Yesterday South Dakota Democrats failed to win a single state wide race. The gubernatorial election was won by a Republican, which happens so often you'd think it's in the state constitution [Dr. Ken Blanchard, "The Sad State of South Dakota Democrats," South Dakota Politics, 2010.11.04].
True. Funny. But "Line of the Year"? Hardly. Blanchard's closing diagnosis is much more enlightening, compelling, and, dare I say, rhetorically artful:
There is a tragic flaw in the South Dakota Democrat. The best of that species tend to look beyond our borders for greater things. The voters frequently recognize that, and in an act of grace, set them free. Meanwhile, the party withers. This is not good for Democrats in the state, or for the state itself [Blanchard, 2010.11.04].

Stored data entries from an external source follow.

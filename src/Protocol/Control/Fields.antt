-- ===== src/Protocol/Control/Fields.antt =====
-- Which fields the validators accept, described without them.
use p2p_transmission.Prelude.{
  ℕ, ◌≤◌, ◌<◌, ◌≡◌, refl, ◌↔◌, Bool, true, false, not, [], ◌∷◌, All, any, all, Option, none, some,
  arith, ok, reject_if, >>=-eq-ok,
}
use p2p_transmission.Prelude.Text.{Text, text, byte_len, is_control, is_ascii_hexdigit}
use p2p_transmission.Protocol.Limits.{
  max_file_name_bytes, max_mime_bytes, max_id_bytes, is_token_char, validate_text, validate_token,
}
use p2p_transmission.Protocol.Control.{
  FileManifest, is_separator, validate_blake3, validate_mime, validate_file,
}
use p2p_transmission.Protocol.Control.Files.{reject_if-ok}

pub any_iff : (p : ℕ → Bool) (s : Text) → (any p s ≡ false) ↔ All (λ (c : ℕ). p c ≡ false) s
any_iff p [] = (λ h. tt, λ h. refl)
any_iff p (c ∷ s) = (
  λ h. (ground arith, (any_iff p s).0 (ground arith)),
  λ (h, t). ground (arith, (any_iff p s).1 t),
)

pub all_iff : (p : ℕ → Bool) (s : Text) → (all p s ≡ true) ↔ All (λ (c : ℕ). p c ≡ true) s
all_iff p [] = (λ h. tt, λ h. refl)
all_iff p (c ∷ s) = (
  λ h. (ground arith, (all_iff p s).0 (ground arith)),
  λ (h, t). ground (arith, (all_iff p s).1 t),
)

-- A text of 1 to `max` bytes without control characters.
pub record IsLine (max : ℕ) (value : Text) : Type 0 where
  pub nonempty : 0 < byte_len value
  pub fits : byte_len value ≤ max
  pub printable : All (λ (c : ℕ). is_control c ≡ false) value

-- A text of 1 to 64 bytes of ASCII letters, digits, `_` and `-`.
pub record IsToken (value : Text) : Type 0 where
  pub nonempty : 0 < byte_len value
  pub fits : byte_len value ≤ max_id_bytes
  pub token_chars : All (λ (c : ℕ). is_token_char c ≡ true) value

pub validate_text_iff :
    (value field : Text) (max : ℕ) → (validate_text value field max ≡ ok tt) ↔ IsLine max value
unfolding validate_text
validate_text_iff value field max = (
  λ h. record {
    nonempty = ground arith;
    fits = ground arith;
    printable = (any_iff is_control value).0 (ground arith);
  },
  λ l. ground (arith, l.nonempty, l.fits, (any_iff is_control value).1 l.printable),
)

token_chars_iff :
    (value : Text)
    → (any (λ (c : ℕ). not (is_token_char c)) value ≡ false)
      ↔ All (λ (c : ℕ). is_token_char c ≡ true) value
token_chars_iff [] = (λ h. tt, λ h. refl)
token_chars_iff (c ∷ s) = (
  λ h. (ground arith, (token_chars_iff s).0 (ground arith)),
  λ (h, t). ground (arith, (token_chars_iff s).1 t),
)

token-printable :
    (value : Text)
    → All (λ (c : ℕ). is_token_char c ≡ true) value
    → All (λ (c : ℕ). is_control c ≡ false) value
token-printable [] h = tt
token-printable (c ∷ s) (h, t) = (ground arith, token-printable s t)

pub validate_token_iff : (value field : Text) → (validate_token value field ≡ ok tt) ↔ IsToken value
unfolding validate_token
validate_token_iff value field = (
  λ h.
      let (_, t, h₁) = >>=-eq-ok (validate_text value field max_id_bytes) _ h in
      let l = (validate_text_iff value field max_id_bytes).0 t in
      record {
        nonempty = l.nonempty;
        fits = l.fits;
        token_chars = (token_chars_iff value).0 (reject_if-ok _ _ h₁);
      },
  λ v.
      rw
        (
          (validate_text_iff value field max_id_bytes).1 (record {
            nonempty = v.nonempty;
            fits = v.fits;
            printable = token-printable value v.token_chars;
          }),
          (token_chars_iff value).1 v.token_chars,
        )
        refl,
)

-- 64 hexadecimal digits.
abbrev pub IsBlake3 : Text → Type 0
IsBlake3 value = (byte_len value ≡ 64) × All (λ (c : ℕ). is_ascii_hexdigit c ≡ true) value

pub validate_blake3_iff :
    (value field : Text) → (validate_blake3 value field ≡ ok tt) ↔ IsBlake3 value
unfolding validate_blake3
validate_blake3_iff value field = (
  λ h. (ground arith, (all_iff is_ascii_hexdigit value).0 (ground arith)),
  λ (n, a). ground (arith, (all_iff is_ascii_hexdigit value).1 a),
)

abbrev pub IsMime : Option Text → Type 0
IsMime none = Unit
IsMime (some mime) = IsLine max_mime_bytes mime

validate_mime_iff : (mime : Option Text) → (validate_mime mime ≡ ok tt) ↔ IsMime mime
validate_mime_iff none = (λ h. tt, λ h. refl)
validate_mime_iff (some mime) = validate_text_iff mime (text "mime") max_mime_bytes

-- A file that a manifest may offer: its name is not a path.
pub record IsFile (file : FileManifest) : Type 0 where
  pub id : IsToken file.file_id
  pub name : IsLine max_file_name_bytes file.name
  pub no_path : All (λ (c : ℕ). is_separator c ≡ false) file.name
  pub mime : IsMime file.mime

pub validate_file_iff : (file : FileManifest) → (validate_file file ≡ ok tt) ↔ IsFile file
unfolding validate_file
validate_file_iff file = (
  λ h.
      let (_, t, h₁) = >>=-eq-ok (validate_token file.file_id _) _ h in
      let (_, n, h₂) = >>=-eq-ok (validate_text file.name _ max_file_name_bytes) _ h₁ in
      let (_, s, m) = >>=-eq-ok (reject_if (any is_separator file.name) _) _ h₂ in
      record {
        id = (validate_token_iff file.file_id _).0 t;
        name = (validate_text_iff file.name _ max_file_name_bytes).0 n;
        no_path = (any_iff is_separator file.name).0 (reject_if-ok _ _ s);
        mime = (validate_mime_iff file.mime).0 m;
      },
  λ v.
      rw
        (
          (validate_token_iff file.file_id (text "file_id")).1 v.id,
          (validate_text_iff file.name (text "file_name") max_file_name_bytes).1 v.name,
          (any_iff is_separator file.name).1 v.no_path,
        )
        ((validate_mime_iff file.mime).1 v.mime),
)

For even better rhetorical art, try Sam Hurst, who packs more "Lines of the Year" in one Dakota Day post than most of us bloggers manage in a year. He troubles the waters this weekend with the woulda-coulda-shoulda argument that Dr. Kevin Weiland could have beaten Kristi Noem in the Congressional race. Hurst comes to a conclusion similar to Blanchard's recommended remedy, and says it with equal if not greater punch:
Democrats do not just have an enthusiasm gap. They don't just have a finance and organizational gap. They have a charisma gap. Not a single leader in South Dakota can inspire or motivate the base. One depressed Democratic analyst told me after the election, with no small spit of sarcasm, "We need a demagogue" [Sam Hurst, "Could Dr. Kevin Weiland Have Beaten Kristi Noem?" The Dakota Day, 2010.11.05].
Demogogue, from the Greek dēmos for people, agōgos for leading. Leader of people, leader of Dems—we need someone to set Dems agog. We saw that need expressed last spring, when 3834 Weiland Wildcats sprang out of nowhere to call for a primary that the overly cautious powers that be kept from happening.
Paging Dr. Weiland, extension 2012. Dr. Weiland, 2012.